Can someone explain for the layman the following doubt?

One of the (many) things I still don't understand about RL even after having tried to read about it is how the loss function of Q Networks is computed if you don't have the target value. I understand that you are trying to predict the "value" of a pair (state,action), and I know that there is a formula for updating the weights based on the difference between the expected value of the next state and the maximum predicted value available plus the reward when you actually get to the state (probably I'm messing up here), but then doesn't that mean that the initialization is extremely relevant? As in, how will the rewards ever be superior to the random weights already present in the network?


It's easier to understand by considering finite horizon problems. With finite horizon problem, the target value for the last time-step will exactly be the expected received reward. So your network learn to approximate it and use this approximation for computing the approximation at last time-step - 1. So you construct the value from the end (in a "dynamic programming" kind of way).

But the bellman equation works just the same with infinite horizon problem. The weights converges all simultaneously to make the network approximation solve the equation.

A great resource to understand RL is openAI's spinning up.

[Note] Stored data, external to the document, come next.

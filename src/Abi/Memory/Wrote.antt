-- ===== src/Abi/Memory/Wrote.antt =====
-- internal/abi/memory.go: what a run of `Store` leaves behind, as a triple of the memory before, the
-- memory after and what later loads find. The allocator's contract stands here too.
use component_model.Prelude.{
  ℕ, ◌+◌, ◌^◌, ◌≤◌, ◌<◌, ◌≡◌, ◌⊎◌, inl, inr, refl, sym, ◌∙◌, arith, none, some, ok,
}
use component_model.Abi.Memory.{Memory, Realloc}

abbrev pub InRange : ℕ → ℕ → ℕ → Type 0
InRange lo hi k = (lo ≤ k) × (k < hi)

abbrev pub OutOfRange : ℕ → ℕ → ℕ → Type 0
OutOfRange lo hi k = (k < lo) ⊎ (hi ≤ k)

range-cases : (lo hi k : ℕ) → InRange lo hi k ⊎ OutOfRange lo hi k
range-cases lo hi k = grind arith

-- `live w k`: the guest holds the byte at `k` in use when its allocator is in the state `w`.
module _ (live : ℕ → ℕ → Type 0) where
  -- A new block of `n` bytes: a 32-bit pointer, to bytes that were free and are in use now. No byte
  -- in use has changed or is given away.
  abbrev pub IsBlock : Memory → Memory → ℕ → ℕ → Type 0
  IsBlock mem after q n =
      (q < 2 ^ 32)
      × ((k : ℕ) → live mem.world k → after.byte k ≡ mem.byte k)
      × ((k : ℕ) → live mem.world k → live after.world k)
      × ((k : ℕ) → InRange q (q + n) k → ¬ live mem.world k)
      × ((k : ℕ) → InRange q (q + n) k → live after.world k)

  -- The guest's side of `cabi_realloc`.
  abbrev pub Fresh : Realloc → Type 0
  Fresh none = Unit {0}
  Fresh (some call) =
      (align n : ℕ) (mem after : Memory) (q : ℕ)
      → call 0 0 align n mem ≡ ok (q, after)
      → IsBlock mem after q n

  abbrev pub Live : Memory → ℕ → ℕ → Type 0
  Live mem lo hi = (k : ℕ) → InRange lo hi k → live mem.world k

  -- Bytes in use outside the range are kept, and `Reads` holds of every memory that agrees with the
  -- one after on the range and on the blocks that were allocated meanwhile.
  pub record Wrote (before after : Memory) (lo hi : ℕ) (Reads : Memory → Type 0) : Type 0 where
    pub same_size : after.size ≡ before.size
    pub keeps : (k : ℕ) → live before.world k → OutOfRange lo hi k → after.byte k ≡ before.byte k
    pub stays_live : (k : ℕ) → live before.world k → live after.world k
    pub reads :
        (m : Memory)
        → m.size ≡ before.size
        → ((k : ℕ)
            → live after.world k
            → InRange lo hi k ⊎ (¬ live before.world k)
            → m.byte k ≡ after.byte k)
        → Reads m

  module _ {m0 m1 m2 : Memory} where
    -- Two writes one after the other, to ranges that do not meet.
    pub Wrote-then :
        {lo hi lo1 hi1 lo2 hi2 : ℕ} {R1 R2 : Memory → Type 0}
        → Live m0 lo hi
        → (lo ≤ lo1) × (hi1 ≤ hi) × (lo ≤ lo2) × (hi2 ≤ hi)
        → (hi1 ≤ lo2) ⊎ (hi2 ≤ lo1)
        → Wrote m0 m1 lo1 hi1 R1
        → Wrote m1 m2 lo2 hi2 R2
        → Wrote m0 m2 lo hi (λ m. R1 m × R2 m)
    Wrote-then {lo} {hi} {lo1} {hi1} {lo2} {hi2} {R1} {R2} here inside apart w1 w2 = record {
      same_size = w2.same_size ∙ w1.same_size;
      keeps = λ k l out. w2.keeps k (w1.stays_live k l) (grind arith) ∙ w1.keeps k l (grind arith);
      stays_live = λ k l. w2.stays_live k (w1.stays_live k l);
      reads = λ m size agree. (first m size agree, second m size agree);
    }
      where
        Agrees : Memory → Type 0
        Agrees m =
            (k : ℕ) → live m2.world k → InRange lo hi k ⊎ (¬ live m0.world k) → m.byte k ≡ m2.byte k

        outside_second : (k : ℕ) → InRange lo1 hi1 k ⊎ (¬ live m0.world k) → OutOfRange lo2 hi2 k
        outside_second k (inl r) = grind arith
        outside_second k (inr n) = elim (range-cases lo2 hi2 k) [
          | inl within ↦ absurd (n (here k (grind arith)))
          | inr out ↦ out
        ]

        first : (m : Memory) → m.size ≡ m0.size → Agrees m → R1 m
        first m size agree = w1.reads m size λ k l1 within.
            agree k (w2.stays_live k l1) (elim within [ inl r ↦ inl (grind arith) | inr n ↦ inr n ])
            ∙ w2.keeps k l1 (outside_second k within)

        second : (m : Memory) → m.size ≡ m0.size → Agrees m → R2 m
        second m size agree = w2.reads m (size ∙ sym w1.same_size) λ k l2 within.
            agree k l2 (elim within [
              | inl r ↦ inl (grind arith)
              | inr n ↦ inr (λ l0. n (w1.stays_live k l0))
            ])

    -- A block is allocated and then written.
    pub Wrote-block :
        {R : Memory → Type 0} (q n p : ℕ)
        → m1.size ≡ m0.size
        → ((k : ℕ) → live m0.world k → m1.byte k ≡ m0.byte k)
        → ((k : ℕ) → live m0.world k → live m1.world k)
        → ((k : ℕ) → InRange q (q + n) k → ¬ live m0.world k)
        → Wrote m1 m2 q (q + n) R
        → Wrote m0 m2 p p R
    Wrote-block q n p size kept stays free w = record {
      same_size = w.same_size ∙ size;
      keeps = λ k l out. w.keeps k (stays k l) (outside k l) ∙ kept k l;
      stays_live = λ k l. w.stays_live k (stays k l);
      reads = λ m size' agree. w.reads m (size' ∙ sym size) λ k l2 within.
          agree k l2 (inr (elim within [ inl r ↦ free k r | inr old ↦ λ l0. old (stays k l0) ]));
    }
      where
        outside : (k : ℕ) → live m0.world k → OutOfRange q (q + n) k
        outside k l = elim (range-cases q (q + n) k) [
          | inl within ↦ absurd (free k within l)
          | inr out ↦ out
        ]

  -- A larger range, and a weaker thing to read.
  pub Wrote-wider :
      {m0 m1 : Memory} {lo hi lo1 hi1 : ℕ} {R1 R : Memory → Type 0}
      → lo ≤ lo1
      → hi1 ≤ hi
      → ((m : Memory) → m.size ≡ m0.size → R1 m → R m)
      → Wrote m0 m1 lo1 hi1 R1
      → Wrote m0 m1 lo hi R
  Wrote-wider from to weaker w = record {
    same_size = w.same_size;
    keeps = λ k l out. w.keeps k l (grind arith);
    stays_live = w.stays_live;
    reads = λ m size agree. weaker m size (
        w.reads m size
          λ k l within. agree k l (elim within [ inl r ↦ inl (grind arith) | inr n ↦ inr n ]));
  }

  -- Nothing is written.
  pub Wrote-nothing :
      {R : Memory → Type 0} (m : Memory) (lo hi : ℕ)
      → ((later : Memory) → R later)
      → Wrote m m lo hi R
  Wrote-nothing m lo hi holds = record {
    same_size = refl;
    keeps = λ k l out. refl;
    stays_live = λ k l. l;
    reads = λ later size agree. holds later;
  }

  pub Live-after :
      {m0 m1 : Memory} {lo hi lo1 hi1 : ℕ} {R : Memory → Type 0}
      → Live m0 lo hi
      → Wrote m0 m1 lo1 hi1 R
      → Live m1 lo hi
  Live-after here w k r = w.stays_live k (here k r)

I see, thanks for your time!


Yes, the initialization is important, but it'll eventually converge (well, maybe not guaranteed with networks). If you initialize too high then it'll err on the side of exploration, and if too low then it'll err on the side of exploitation. These are called optimistic and pessimistic initialization.

The basic (non-deep) Q-Learning approach, is to have a big table of every state-action and it's expected reward. The formula you've seen (the Bellman equation) is for updating these.

Using big tables to store Q values sucks though, so instead of using a table, you use a neural network.


Okay, thank you!


The Second Edition of this book appears to be complete. You can get a free PDF from the authors site.